WION Mumbai, Maharashtra, India
Nov 10, 2016, 10.54 AM
Last week, when India's central bank ordered banks to issue more 100 rupee notes, no one had a clue that it was a precursor to one of Prime Minister Narendra Modi's boldest economic announcements - the sudden withdrawal of 500 and 1,000 rupee notes ($7.50, $15) from circulation.
It now emerges that the assault against black money was carefully planned over six months by a coterie of PM Modi's advisors sworn to secrecy, AFP reports. Only a handful of India's 1.25 billion people - finance minister Arun Jaitley, Reserve Bank of India governor and a few close officials --- were in the loop until the very last minute, AFP quotes Indian media as saying.
Behind-the-scenes: How the operation played out
The Times of India reported that many of Modi's ministers were only briefed on the plan at a cabinet meeting in New Delhi just before he addressed the nation. They were then not allowed to leave until he had finished his speech to prevent any unwanted leak.
Meanwhile, in India's commercial capital of Mumbai, RBI's bank heads had been called to the central bank in the morning to receive a locked currency chest which they were told contained notes of the new 2,000 rupee denomination. The chests were standard procedure for the issuing of new notes, a spokesperson for the RBI told AFP.

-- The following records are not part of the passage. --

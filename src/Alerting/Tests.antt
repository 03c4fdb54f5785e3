-- ===== src/Alerting/Tests.antt =====
-- A report that adds one critical item of evidence, and a recent alert that is acknowledged.
use chain_sentinel.Base.{
  ◌≡◌, refl, true, ◌||◌, none, List, [], ◌∷◌, arith, length, All, sort_by, mem, add, get, put,
  decimal, join, after_last_colon, ℤ, pos, join,
}
use chain_sentinel.Evidence.Models.{
  EvidenceCategory, ConfidenceLevel, EvidenceSource, EvidenceSeverity, RiskEvidence, RiskTrend,
  RiskSummary, RiskDeltaReport,
}
use chain_sentinel.Alerting.Models.{AlertTexts, SecurityAlert, new_critical_evidence}
use chain_sentinel.Alerting.Rules.{evaluate, build_alert}
use chain_sentinel.Alerting.Rules.Raised.{Raised, evaluate-Raised}
use chain_sentinel.Alerting.Suppression.{acknowledge}
use chain_sentinel.Alerting.Engine.{generate}
use chain_sentinel.Alerting.Engine.Partition.{ids, suppressed_ids}
use chain_sentinel.Alerting.Engine.Promises.{Promises}
use chain_sentinel.Alerting.Engine.Fresh.{generate-fresh}
use chain_sentinel.Alerting.Engine.Critical.{critical_id, generate-critical}

abbrev texts : AlertTexts
texts = record { digest = λ s. s; isoformat = decimal; amount_text = λ z. "0" }

abbrev evidence : RiskEvidence
evidence = record {
  id = "owner:1:mint";
  source = EvidenceSource.governance;
  category = EvidenceCategory.authority;
  severity = EvidenceSeverity.critical;
  score = pos 4500;
  confidence = ConfidenceLevel.low;
  reason = "owner can mint";
  metadata = [];
}

abbrev posture : ℤ → EvidenceSeverity → RiskSummary
posture total worst = record {
  watch_id = "1:0xab";
  total_score = total;
  evidence_count = 1;
  max_severity = worst;
  severity_counts = [];
  intelligence_domains = [];
}

abbrev before : RiskSummary
before = posture (pos 0) EvidenceSeverity.info

abbrev after : RiskSummary
after = posture (pos 4500) EvidenceSeverity.critical

abbrev report : RiskDeltaReport
report = record {
  watch_id = "1:0xab";
  delta = record {
    watch_id = "1:0xab";
    previous_summary = before;
    current_summary = after;
    score_delta = pos 4500;
    added = evidence ∷ [];
    removed = [];
    updated = [];
    trend = RiskTrend.increased;
  };
  previous_summary = before;
  current_summary = after;
  trend = RiskTrend.increased;
  explanation = record {
    headline = "risk increased";
    reasons = [];
    contributing_evidence_ids = "owner:1:mint" ∷ [];
    affected_domains = [];
    metadata = [];
  };
  evidence_summary = record {
    added_count = 1;
    removed_count = 0;
    updated_count = 0;
    affected_domains = [];
    contributing_signals = [];
  };
}

abbrev recent : List SecurityAlert
recent =
    acknowledge (
      build_alert texts report 5 new_critical_evidence EvidenceSeverity.critical "t" "s"
        ("owner:1:mint" ∷ []))
    ∷ []

-- Two alerts are sent, and the acknowledged one is suppressed.
generate_runs :
    (length (generate texts report none recent 100).generated_alerts ≡ 2)
    × (length (generate texts report none recent 100).suppressed_alerts ≡ 1)
unfolding generate sort_by get after_last_colon add join put acknowledge
generate_runs = (refl, refl)

evaluate-Raised_example : All (Raised 100) (evaluate texts report 100)
evaluate-Raised_example = evaluate-Raised texts report 100

generate-critical_example :
    (mem
        (critical_id texts report 100 evidence)
        (ids (generate texts report none recent 100).generated_alerts)
      || mem
          (critical_id texts report 100 evidence)
          (suppressed_ids (generate texts report none recent 100).suppressed_alerts))
    ≡ true
generate-critical_example = generate-critical texts report none recent 100 [] evidence [] refl refl

generate-fresh_example :
    mem
      (critical_id texts report 100 evidence)
      (ids (generate texts report none [] 100).generated_alerts)
    ≡ mem (critical_id texts report 100 evidence) (ids (evaluate texts report 100))
generate-fresh_example =
    generate-fresh texts report none 100 (critical_id texts report 100 evidence) (omega arith)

The RBI heads were under strict instructions not to open the chest or speak about it until later that night, a report in Mint newspaper says. It was only when they opened it, as Modi was speaking, that they learnt about the new 500 note.
With the glare of the world on the US election, Modi chose to deliver his bombshell announcement in a rare address to the nation barely three hours before the order to close banks and ATMs came into force. People scrambled to withdraw Rs 100 notes to meet the midnight deadline set by the RBI.
Once the queues had trudged away from the millions of ATMs around the country with now precious 100 rupee bills, the task began of refilling the machines with the new currency. Trucks laden with cash started delivering the notes across the country.
"If secrecy had failed people would have invested most of their cash in Hawala rackets, gold or real estate before the announcement, worsening the black money issue," Paras Savla of Mumbai-based investment management firm KPB & Associates told AFP.
RBI chief Urjit Patel has said production of the new notes had been "ramped up" to meet requirements but Pradip Shah, who helped set up India's HDFC bank, said it would be a "nightmare" getting money to some rural areas. "A lot of people are going to be inconvenienced," he told AFP.
The move is part of Modi's crackdown on so-called black money financial transactions in which cash is used to avoid tax. After closing for a day banks started reissuing new 500 notes and a new denomination of 2,000 rupees on Thursday.
The AFP reports that by spring, the prime minister was convinced that he needed a headline-grabbing reform to show his determination to counter rampant tax evasion and settled on scrapping the two highest denomination bills.
Almost 90 percent of transactions in India are done with cash while 500 and 1,000 notes currently account for more than 85 per cent of the value of cash in circulation, according to research firm Capital Economics.